------ Dataset ------

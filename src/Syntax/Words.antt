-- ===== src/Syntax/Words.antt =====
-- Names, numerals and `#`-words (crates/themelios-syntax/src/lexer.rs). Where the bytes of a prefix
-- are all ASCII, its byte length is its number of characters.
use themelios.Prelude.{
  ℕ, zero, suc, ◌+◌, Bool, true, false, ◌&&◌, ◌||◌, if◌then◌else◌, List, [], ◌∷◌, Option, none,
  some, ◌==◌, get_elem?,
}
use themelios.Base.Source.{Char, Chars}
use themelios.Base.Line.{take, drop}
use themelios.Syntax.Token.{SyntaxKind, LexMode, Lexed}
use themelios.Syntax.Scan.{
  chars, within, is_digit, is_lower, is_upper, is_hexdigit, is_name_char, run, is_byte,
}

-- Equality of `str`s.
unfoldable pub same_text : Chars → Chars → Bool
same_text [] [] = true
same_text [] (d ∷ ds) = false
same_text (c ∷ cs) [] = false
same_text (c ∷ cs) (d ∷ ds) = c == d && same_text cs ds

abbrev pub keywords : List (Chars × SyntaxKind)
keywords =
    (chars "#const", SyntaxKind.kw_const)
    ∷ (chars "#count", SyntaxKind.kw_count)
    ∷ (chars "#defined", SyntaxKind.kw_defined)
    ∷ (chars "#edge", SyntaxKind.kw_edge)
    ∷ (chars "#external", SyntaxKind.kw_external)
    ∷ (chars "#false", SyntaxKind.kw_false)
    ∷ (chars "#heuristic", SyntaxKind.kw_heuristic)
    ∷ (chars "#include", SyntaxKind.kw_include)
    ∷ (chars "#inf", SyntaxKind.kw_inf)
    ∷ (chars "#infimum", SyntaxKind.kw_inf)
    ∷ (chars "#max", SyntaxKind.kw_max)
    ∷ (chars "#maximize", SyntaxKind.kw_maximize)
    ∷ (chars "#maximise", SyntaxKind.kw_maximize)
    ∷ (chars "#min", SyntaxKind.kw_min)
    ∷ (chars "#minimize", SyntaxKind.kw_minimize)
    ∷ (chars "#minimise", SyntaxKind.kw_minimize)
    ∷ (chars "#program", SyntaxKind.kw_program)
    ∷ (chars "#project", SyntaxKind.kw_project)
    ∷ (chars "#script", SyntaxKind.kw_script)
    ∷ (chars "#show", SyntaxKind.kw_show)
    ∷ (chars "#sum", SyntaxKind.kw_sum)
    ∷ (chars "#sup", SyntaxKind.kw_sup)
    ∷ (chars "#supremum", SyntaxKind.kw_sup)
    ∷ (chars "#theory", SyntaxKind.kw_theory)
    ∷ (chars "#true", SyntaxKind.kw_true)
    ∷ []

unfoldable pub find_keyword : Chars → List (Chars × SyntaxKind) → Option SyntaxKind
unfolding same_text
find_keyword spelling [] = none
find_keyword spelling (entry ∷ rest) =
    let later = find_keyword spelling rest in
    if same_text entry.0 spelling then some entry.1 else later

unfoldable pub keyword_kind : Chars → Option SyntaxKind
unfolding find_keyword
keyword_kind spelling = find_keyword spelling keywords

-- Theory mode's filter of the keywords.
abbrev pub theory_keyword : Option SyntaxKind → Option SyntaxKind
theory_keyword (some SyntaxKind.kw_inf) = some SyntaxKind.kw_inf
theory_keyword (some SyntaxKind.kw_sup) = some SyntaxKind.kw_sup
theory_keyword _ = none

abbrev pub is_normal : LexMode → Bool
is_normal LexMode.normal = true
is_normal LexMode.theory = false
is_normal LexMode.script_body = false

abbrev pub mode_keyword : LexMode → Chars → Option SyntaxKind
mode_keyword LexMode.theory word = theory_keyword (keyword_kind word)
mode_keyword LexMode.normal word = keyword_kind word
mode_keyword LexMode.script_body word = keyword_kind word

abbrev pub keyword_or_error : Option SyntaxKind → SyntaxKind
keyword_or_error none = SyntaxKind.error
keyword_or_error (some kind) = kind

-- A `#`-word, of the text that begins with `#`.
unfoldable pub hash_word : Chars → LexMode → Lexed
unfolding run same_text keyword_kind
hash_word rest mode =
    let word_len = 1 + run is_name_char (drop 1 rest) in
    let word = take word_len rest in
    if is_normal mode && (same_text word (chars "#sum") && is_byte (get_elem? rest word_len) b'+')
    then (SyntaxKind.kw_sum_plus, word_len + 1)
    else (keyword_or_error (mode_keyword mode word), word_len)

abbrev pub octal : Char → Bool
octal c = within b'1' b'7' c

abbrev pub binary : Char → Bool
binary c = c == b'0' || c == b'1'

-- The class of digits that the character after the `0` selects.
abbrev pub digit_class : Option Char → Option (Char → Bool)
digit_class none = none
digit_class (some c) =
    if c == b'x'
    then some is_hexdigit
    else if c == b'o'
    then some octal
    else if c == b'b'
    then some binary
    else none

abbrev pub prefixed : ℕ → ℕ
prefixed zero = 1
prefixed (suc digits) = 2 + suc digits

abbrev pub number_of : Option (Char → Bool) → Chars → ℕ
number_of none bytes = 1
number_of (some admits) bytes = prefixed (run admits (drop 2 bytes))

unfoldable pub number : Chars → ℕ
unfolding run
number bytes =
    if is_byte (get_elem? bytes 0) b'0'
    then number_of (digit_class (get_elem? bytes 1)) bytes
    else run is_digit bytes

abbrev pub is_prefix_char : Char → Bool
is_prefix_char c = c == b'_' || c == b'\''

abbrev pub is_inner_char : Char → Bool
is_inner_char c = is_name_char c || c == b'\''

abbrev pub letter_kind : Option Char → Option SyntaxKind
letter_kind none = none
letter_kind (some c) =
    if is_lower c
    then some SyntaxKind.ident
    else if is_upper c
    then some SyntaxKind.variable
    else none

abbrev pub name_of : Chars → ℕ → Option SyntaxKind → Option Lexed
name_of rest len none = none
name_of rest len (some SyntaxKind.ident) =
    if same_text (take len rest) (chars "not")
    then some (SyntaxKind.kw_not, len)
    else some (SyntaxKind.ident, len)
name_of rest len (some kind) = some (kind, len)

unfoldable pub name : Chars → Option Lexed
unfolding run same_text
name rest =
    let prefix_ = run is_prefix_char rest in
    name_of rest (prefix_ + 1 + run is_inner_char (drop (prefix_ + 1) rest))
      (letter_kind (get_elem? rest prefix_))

------

Assigned task: The lines above from the one with "abbrev pub digit_class" through the one with "unfoldable pub name : Chars → Option Lexed" are to be duplicated exactly, ends included, with nothing added.

Worked solution:
abbrev pub digit_class : Option Char → Option (Char → Bool)
digit_class none = none
digit_class (some c) =
    if c == b'x'
    then some is_hexdigit
    else if c == b'o'
    then some octal
    else if c == b'b'
    then some binary
    else none

abbrev pub prefixed : ℕ → ℕ
prefixed zero = 1
prefixed (suc digits) = 2 + suc digits

abbrev pub number_of : Option (Char → Bool) → Chars → ℕ
number_of none bytes = 1
number_of (some admits) bytes = prefixed (run admits (drop 2 bytes))

unfoldable pub number : Chars → ℕ
unfolding run
number bytes =
    if is_byte (get_elem? bytes 0) b'0'
    then number_of (digit_class (get_elem? bytes 1)) bytes
    else run is_digit bytes

abbrev pub is_prefix_char : Char → Bool
is_prefix_char c = c == b'_' || c == b'\''

abbrev pub is_inner_char : Char → Bool
is_inner_char c = is_name_char c || c == b'\''

abbrev pub letter_kind : Option Char → Option SyntaxKind
letter_kind none = none
letter_kind (some c) =
    if is_lower c
    then some SyntaxKind.ident
    else if is_upper c
    then some SyntaxKind.variable
    else none

abbrev pub name_of : Chars → ℕ → Option SyntaxKind → Option Lexed
name_of rest len none = none
name_of rest len (some SyntaxKind.ident) =
    if same_text (take len rest) (chars "not")
    then some (SyntaxKind.kw_not, len)
    else some (SyntaxKind.ident, len)
name_of rest len (some kind) = some (kind, len)

unfoldable pub name : Chars → Option Lexed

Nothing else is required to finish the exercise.